Как она и ожидала, он промок до нитки, и ей стало его жаль. Мокрые волосы падали ему на глаза и вились вокруг ушей. Ноги были забрызганы грязью, рубашка прилипла к телу.
— Можно было бы добежать до дома Эйтни, но это довольно далеко, а дождь припустил вовсю. — Лицо у него стало озабоченным. — Да вы ведь дрожите, как овечка, мисс. — Он взял ее за руки. — И руки как ледышки. В доме есть запасные пледы. Я сейчас принесу.
Первым побуждением Элизабет было попросить его не покидать ее, но она не могла говорить, так стучали у нее зубы. Пока Дуглас не заговорил об этом, Элизабет и не подозревала, как ей зябко. Теперь руки у нее дрожали, а пальцы не сгибались, окоченев от холода.
Ей казалось, что прошло уже несколько часов после возвращения горца, хотя на самом деле то были всего лишь минуты.
Дуглас вошел в коровник с охапкой пледов и кувшином. Он быстро открыл его и сунул в руки Элизабет:
— Пейте.
— Что это?
— Виски.
Элизабет покачала головой:
— Нет, не надо.
— Пейте, мисс. Это вас согреет.
Ей было слишком холодно, чтобы она могла протестовать, и с каждым мгновением становилось все холоднее. Элизабет дрожащими руками поднесла кувшин к губам и сделала маленький глоток. Этого оказалось достаточно, чтобы все ее внутренности точно охватило огнем. Она скривилась и отдала кувшин Дугласу, который поднес его к губам и сделал добрый глоток.
Потом Дуглас отвел Элизабет к другой стене коровника, подальше от коровы, козы и кур на насесте, всполошившихся при виде людей. Элизабет ждала, пока Дуглас, расстелив пледы, сооружал постель на охапке свежего сена.
Вдруг Элизабет почувствовала, что глаза ее закрываются от усталости и что она вот-вот уснет. Виски угнездилось в ее желудке, отчего Элизабет чувствовала тупое, но приятное тепло. Она вспомнила свою постель в Дрейтон-Холле, мягкие надушенные подушки, огромный мраморный камин, в котором всегда пылал и ревел огонь. Ей страшно захотелось почувствовать запах чистых простыней, согретых грелкой с горячими углями, она мечтала о чашке горячего чаю. Она не осознавала, что Дуглас вернулся к ней, пока не почувствовала, что его руки расстегивают крючки на ее платье.
— Что вы делаете?
— Вы вся промокли, мисс, и простудитесь, если не снимете все это. Я оставлю на вас сорочку, но вам нужно согреться, а не то схватите лихорадку.
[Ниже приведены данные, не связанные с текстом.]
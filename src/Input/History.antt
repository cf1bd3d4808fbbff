-- ===== src/Input/History.antt =====
-- Whole lives of a virtual ip: any sequence of the inputs of fsm_input.c, in any order.
use freeswitch_mod_cpg.Base.{ℕ, ◌≢◌, ◌∙◌, refl, List, [], ◌∷◌, All, Bytes}
use freeswitch_mod_cpg.Types.{startup, stop, backup_up, NodeMsg}
use freeswitch_mod_cpg.World.{Env, World, M, Status, success, ◌>>◌, pure}
use freeswitch_mod_cpg.World.Returns.{Returns, returns, bind, weaken}
use freeswitch_mod_cpg.Utils.Garp.{Addresses}
use freeswitch_mod_cpg.VirtualIp.Delivery.{Responsive}
use freeswitch_mod_cpg.Input.{
  fsm_input_node_down, fsm_input_node_up, fsm_input_new_state_message, fsm_input_cmd_start,
  fsm_input_cmd_stop,
}
use freeswitch_mod_cpg.Input.Safety.{
  IsSound, Sound, continues, fsm_input_node_down-Sound, fsm_input_new_state_message-Sound,
}

-- A call of one of the five functions of fsm_input.h.
pub data Input : Type 0 where
  node_down : ℕ → Input
  node_up cmd_start cmd_stop : Input
  state_message : NodeMsg → ℕ → Input

unfoldable pub feed : Env → Input → M Status
feed env (node_down nodeid) = fsm_input_node_down env nodeid
feed env node_up = fsm_input_node_up env
feed env cmd_start = fsm_input_cmd_start env
feed env cmd_stop = fsm_input_cmd_stop env
feed env (state_message nm nodeid) = fsm_input_new_state_message env nm nodeid

unfoldable pub feed_all : Env → List Input → M Status
feed_all env [] = pure success
feed_all env (i ∷ inputs) = feed env i >> feed_all env inputs

-- No message comes from node id 0, which corosync gives to no node.
abbrev pub IsFromNode : Input → Type 0
IsFromNode (state_message nm nodeid) = nodeid ≢ 0
IsFromNode _ = Unit {0}

pub feed-Sound :
    (env : Env) (w : World) (ether ip : Bytes) (i : Input)
    → Responsive env
    → Addresses env w.vip.config.mac w.vip.config.address ether ip
    → IsSound w
    → IsFromNode i
    → Returns (Sound w) (feed env i w)
unfolding feed fsm_input_node_up fsm_input_cmd_start fsm_input_cmd_stop
feed-Sound env w ether ip (node_down nodeid) r a s n =
    fsm_input_node_down-Sound env w ether ip r a s nodeid
feed-Sound env w ether ip node_up r a s n =
    continues env w ether ip r a s w backup_up s.safe s.order refl (λ h. cc)
feed-Sound env w ether ip cmd_start r a s n =
    continues env w ether ip r a s w startup s.safe s.order refl (λ h. cc)
feed-Sound env w ether ip cmd_stop r a s n =
    continues env w ether ip r a s w stop s.safe s.order refl (λ h. cc)
feed-Sound env w ether ip (state_message nm nodeid) r a s n =
    fsm_input_new_state_message-Sound env w ether ip r a s nm nodeid n

-- After any sequence of starts, stops, node changes and state messages, none of them from node 0,
-- the invariant holds that held before: no input faults or hangs, the configuration is the same,
-- the node list is in priority order with distinct ids, and a node in the state MASTER or ROLLBACK
-- has the virtual address on its interface. That is so where libc reads the configured addresses
-- and corosync settles every message.
pub feed_all-Sound :
    (env : Env) (inputs : List Input) (w : World) (ether ip : Bytes)
    → Responsive env
    → Addresses env w.vip.config.mac w.vip.config.address ether ip
    → IsSound w
    → All IsFromNode inputs
    → Returns (Sound w) (feed_all env inputs w)
unfolding feed_all
feed_all-Sound env [] w ether ip r a s n = returns (s, refl)
feed_all-Sound env (i ∷ inputs) w ether ip r a s n =
    bind (feed-Sound env w ether ip i r a s n.0) λ status w1 k.
      weaken (feed_all-Sound env inputs w1 ether ip r (rw k.1 a) k.0 n.1)
        (λ status' w2 k2. (k2.0, k2.1 ∙ k.1))
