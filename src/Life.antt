-- ===== src/Life.antt =====
-- The life of a virtual ip as a step relation: what corosync, the other nodes, the administrator and
-- the threads of the module do, in any order.
use freeswitch_mod_cpg.Base.{◌≡◌, ◌∙◌, refl, Bytes}
use freeswitch_mod_cpg.World.{Env, World, Status, done}
use freeswitch_mod_cpg.World.Returns.{Returns, weaken, to_Ensures}
use freeswitch_mod_cpg.Utils.Garp.{Addresses}
use freeswitch_mod_cpg.VirtualIp.Delivery.{Responsive}
use freeswitch_mod_cpg.Input.Safety.{IsSound}
use freeswitch_mod_cpg.Input.History.{Input, feed, IsFromNode, feed-Sound}
use freeswitch_mod_cpg.Callbacks.{HasContext}
use freeswitch_mod_cpg.Callbacks.Safety.{Callback, Receivable, Keeps, call_back, call_back-Keeps}

-- One input of the state machine, or one callback of corosync, that has come to its end.
pub data Step (env : Env) (w w' : World) : Type 0 where
  input : (i : Input) (s : Status) → IsFromNode i → feed env i w ≡ done s w' → Step env w w'
  callback : (cb : Callback) → Receivable cb → call_back env cb w ≡ done tt w' → Step env w w'

pub data Reach (env : Env) (w : World) : World → Type 0 where
  here : Reach env w w
  later : {w1 w2 : World} → Reach env w w1 → Step env w1 w2 → Reach env w w2

module _ (env : Env) (ether ip : Bytes) (responsive : Responsive env)
    (context : HasContext env) where
  Step-Keeps :
      (w w' : World)
      → Addresses env w.vip.config.mac w.vip.config.address ether ip
      → IsSound w
      → Step env w w'
      → Keeps w (tt {0}) w'
  Step-Keeps w w' a s (input i status n run) =
      to_Ensures _ _ (rw run at (feed-Sound env w ether ip i responsive a s n))
  Step-Keeps w w' a s (callback cb h run) =
      to_Ensures _ _ (rw run at (call_back-Keeps env ether ip responsive cb w h context a s))

  Reach-Keeps :
      (w : World) {w' : World}
      → Addresses env w.vip.config.mac w.vip.config.address ether ip
      → IsSound w
      → Reach env w w'
      → Keeps w (tt {0}) w'
  Reach-Keeps w a s here = (s, refl)
  Reach-Keeps w a s (later {w1} {w2} r st) =
      let k = Reach-Keeps w a s r in let m = Step-Keeps w1 w2 (rw k.1 a) k.0 st in (m.0, m.1 ∙ k.1)

  -- Of every world that is reached from one that satisfies the invariant, by any inputs of the state
  -- machine and any callbacks of corosync in any order: the invariant holds, the configuration is the
  -- one at the start, and the virtual ip is not stuck, since any input and any callback that may come
  -- next returns with all that kept. That is so where libc reads the configured addresses and
  -- corosync settles every message and finds the context in every callback, for inputs that are not
  -- from node 0, and for callbacks with a message as the module sends it, its fields fitting and not
  -- from node 0, or with a change of the group.
  pub Reach-IsSound :
      (w w' : World) (i : Input) (cb : Callback)
      → Addresses env w.vip.config.mac w.vip.config.address ether ip
      → IsSound w
      → Reach env w w'
      → IsFromNode i
      → Receivable cb
      → Keeps w (tt {0}) w'
        × Returns (Keeps w) (feed env i w')
        × Returns (Keeps w) (call_back env cb w')
  Reach-IsSound w w' i cb a s r n h =
      let k = Reach-Keeps w a s r in
      let a' : Addresses env w'.vip.config.mac w'.vip.config.address ether ip = rw k.1 a in
      (
        k,
        weaken (feed-Sound env w' ether ip i responsive a' k.0 n) (λ u w2 m. (m.0, m.1 ∙ k.1)),
        weaken (call_back-Keeps env ether ip responsive cb w' h context a' k.0)
            (λ u w2 m. (m.0, m.1 ∙ k.1)),
      )
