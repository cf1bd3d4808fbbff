-- ===== src/Links.antt =====
-- node.c with its pointers: nodes at addresses, linked by `next`. Node has the same functions on the
-- list that a pointer heads. A loop runs on fuel and hangs without it; a NULL or freed node that is
-- read or written is a fault.
pub mod Chain
pub mod Find
pub mod Insert
pub mod Add
pub mod Remove
pub mod Clear
use freeswitch_mod_cpg.Base.{
  ℕ, zero, suc, ℤ, pos, ltb_ℤ, is_zero, Bool, true, false, not, Option, none, some, ◌==◌,
  if◌then◌else◌,
}
use freeswitch_mod_cpg.Types.{Node}
use freeswitch_mod_cpg.World.{
  Env, M, Outcome, Status, Call, success, malloc, free_node, done, fault, hang, and_then,
}
use freeswitch_mod_cpg.World
use freeswitch_mod_cpg.Node.{sizeof_node}

abbrev pub Ptr : Type 0
Ptr = ℕ

abbrev pub null : Ptr
null = 0

-- `node_t`: a node and the pointer to the next one.
pub record Cell : Type 0 where
  pub nodeid : ℕ
  pub priority : ℤ
  pub next : Ptr

abbrev pub cell : Node → Ptr → Cell
cell n q = record { nodeid = n.nodeid; priority = n.priority; next = q }

abbrev pub Heap : Type 0
Heap = Ptr → Option Cell

unfoldable pub write : Heap → Ptr → Option Cell → Heap
write h p c a = if a == p then c else h a

-- Commands that read and write nodes beside the world.
abbrev pub Cmd : Type 0 → Type 0
Cmd A = Heap → M (A × Heap)

abbrev pub pure : {A : Type 0} → A → Cmd A
pure a h w = done (a, h) w

infixl 5 ◌>>=◌ ◌>>◌
abbrev pub ◌>>=◌ : {A B : Type 0} → Cmd A → (A → Cmd B) → Cmd B
◌>>=◌ m k h w = and_then (m h w) (λ r. k r.0 r.1)

abbrev pub ◌>>◌ : {A B : Type 0} → Cmd A → Cmd B → Cmd B
◌>>◌ m n h w = and_then (m h w) (λ r. n r.1)

abbrev pub out_of_fuel : {A : Type 0} → Cmd A
out_of_fuel h w = hang

abbrev pub outside : {A : Type 0} → M A → Cmd A
outside m h w = and_then (m w) (λ a. done (a, h))

-- `*p`.
abbrev found : Option Cell → Cmd Cell
found none h w = fault
found (some n) h w = done (n, h) w

unfoldable pub load : Ptr → Cmd Cell
load p h = if p == null then (λ w. fault) else found (h p) h

abbrev pub store : Ptr → Option Cell → Cmd (Unit {0})
store p c h w = done (tt, write h p c) w

-- `p->next = q`.
unfoldable pub set_next : Ptr → Ptr → Cmd (Unit {0})
set_next p q = do n ← load p; store p (some (record n { next = q }))

-- The pointer that `malloc` answers.
abbrev pub pointer : ℤ → Ptr
pointer (pos p) = p
pointer _ = null

abbrev pub blank_cell : Cell
blank_cell = record { nodeid = 0; priority = pos 0; next = null }

unfoldable pub find : ℕ → Ptr → ℕ → Cmd Ptr
find zero list nodeid = out_of_fuel
find (suc k) list nodeid =
    if list == null
    then pure null
    else do n ← load list; if n.nodeid == nodeid then pure list else find k n.next nodeid

unfoldable pub first : Ptr → Cmd ℕ
first list = if list == null then pure 0 else do n ← load list; pure n.nodeid

-- The number of the nodes, with those counted before.
unfoldable pub count_loop : ℕ → Ptr → ℕ → Cmd ℕ
count_loop zero list i = out_of_fuel
count_loop (suc k) list i =
    if list == null then pure i else do n ← load list; count_loop k n.next (suc i)

-- The walk of `node_add`, which ends with `prev` and `curr`.
unfoldable pub walk : ℕ → Ptr → Ptr → ℤ → Cmd (Ptr × Ptr)
walk zero prev curr priority = out_of_fuel
walk (suc k) prev curr priority = if curr == null then pure (prev, curr) else do
  n ← load curr
  if ltb_ℤ priority n.priority then walk k curr n.next priority else pure (prev, curr)

-- The links around the new node; the result is the head of the list.
unfoldable pub link : Ptr → Ptr → Ptr × Ptr → Cmd Ptr
unfolding set_next
link oldlist new_node (prev, curr) =
    if prev == null
    then (do set_next new_node oldlist; pure new_node)
    else do set_next prev new_node; set_next new_node curr; pure oldlist

-- The fields of the new node, and the links around it.
unfoldable pub fill : Ptr → Ptr → ℕ → ℤ → Ptr × Ptr → Cmd Ptr
unfolding link
fill oldlist new_node nodeid priority place = do
  n ← load new_node
  store new_node (some (record n { nodeid = nodeid; priority = priority }))
  link oldlist new_node place

-- From the allocated node on.
abbrev pub fill_and_link : ℕ → Ptr → ℕ → ℤ → Ptr → Cmd Ptr
fill_and_link k oldlist nodeid priority new_node = do
  store new_node (some blank_cell)
  place ← walk k null oldlist priority
  fill oldlist new_node nodeid priority place

-- The loop of `node_remove`, which ends with `prev` and `cur`.
unfoldable pub seek : ℕ → Ptr → Ptr → ℕ → Cmd (Ptr × Ptr)
seek zero prev cur nodeid = out_of_fuel
seek (suc k) prev cur nodeid =
    if cur == null
    then pure (prev, cur)
    else do n ← load cur; if n.nodeid == nodeid then pure (prev, cur) else seek k cur n.next nodeid

module _ (env : Env) where
  -- `free`, with the call that names the node.
  unfoldable pub free : Ptr → Cmd (Unit {0})
  unfolding load
  free p = do n ← load p; outside (World.tell env (free_node n.nodeid)); store p none

  unfoldable pub add : ℕ → Ptr → ℕ → ℤ → Cmd Ptr
  unfolding find walk fill
  add k oldlist nodeid priority = do
    there ← find k oldlist nodeid
    if not (there == null) then pure oldlist else do
      new_node ← outside (World.ask env (malloc sizeof_node))
      if is_zero new_node
          then pure null
          else fill_and_link k oldlist nodeid priority (pointer new_node)

  -- From the loop of `node_remove` on.
  unfoldable pub unlink : Ptr → Ptr × Ptr → Cmd Ptr
  unfolding free set_next
  unlink oldlist (prev, cur) =
      if cur == null
      then pure oldlist
      else if prev == null
      then (do n ← load oldlist; free cur; pure n.next)
      else do n ← load cur; set_next prev n.next; free cur; pure oldlist

  unfoldable pub remove : ℕ → Ptr → ℕ → Cmd Ptr
  unfolding seek unlink
  remove k oldlist nodeid = do place ← seek k null oldlist nodeid; unlink oldlist place

  unfoldable pub clear_loop : ℕ → Ptr → Ptr → Cmd Status
  unfolding free
  clear_loop zero prev current = out_of_fuel
  clear_loop (suc k) prev current = if current == null then pure success else do
    if prev == null then pure tt else free prev
    n ← load current
    clear_loop k current n.next

  unfoldable pub remove_all : ℕ → Ptr → Cmd Status
  unfolding clear_loop
  remove_all k list = clear_loop k null list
У Элизабет недостало сил сопротивляться.
В два счета Дуглас снял с нее платье и корсет, и теперь Элизабет стояла и дрожала в одной сорочке. Дуглас помог ей лечь на спину в постель и закутал в тяжелый плед.
Она уже наполовину спала, когда он задул лампу, и девушка почувствовала, как он опустился на сено рядом с ней. Ей показалось, будто он что-то сказал, но она не поняла, что именно. Тепло его тела подействовало на нее мгновенно. Оно было таким заманчивым, что она, сама того не сознавая, повернулась к Дугласу и спрятала голову на его крепкой и широкой груди. Он обнял ее, обдавая жаром своего тела, и девушка тихо и сладко вздохнула.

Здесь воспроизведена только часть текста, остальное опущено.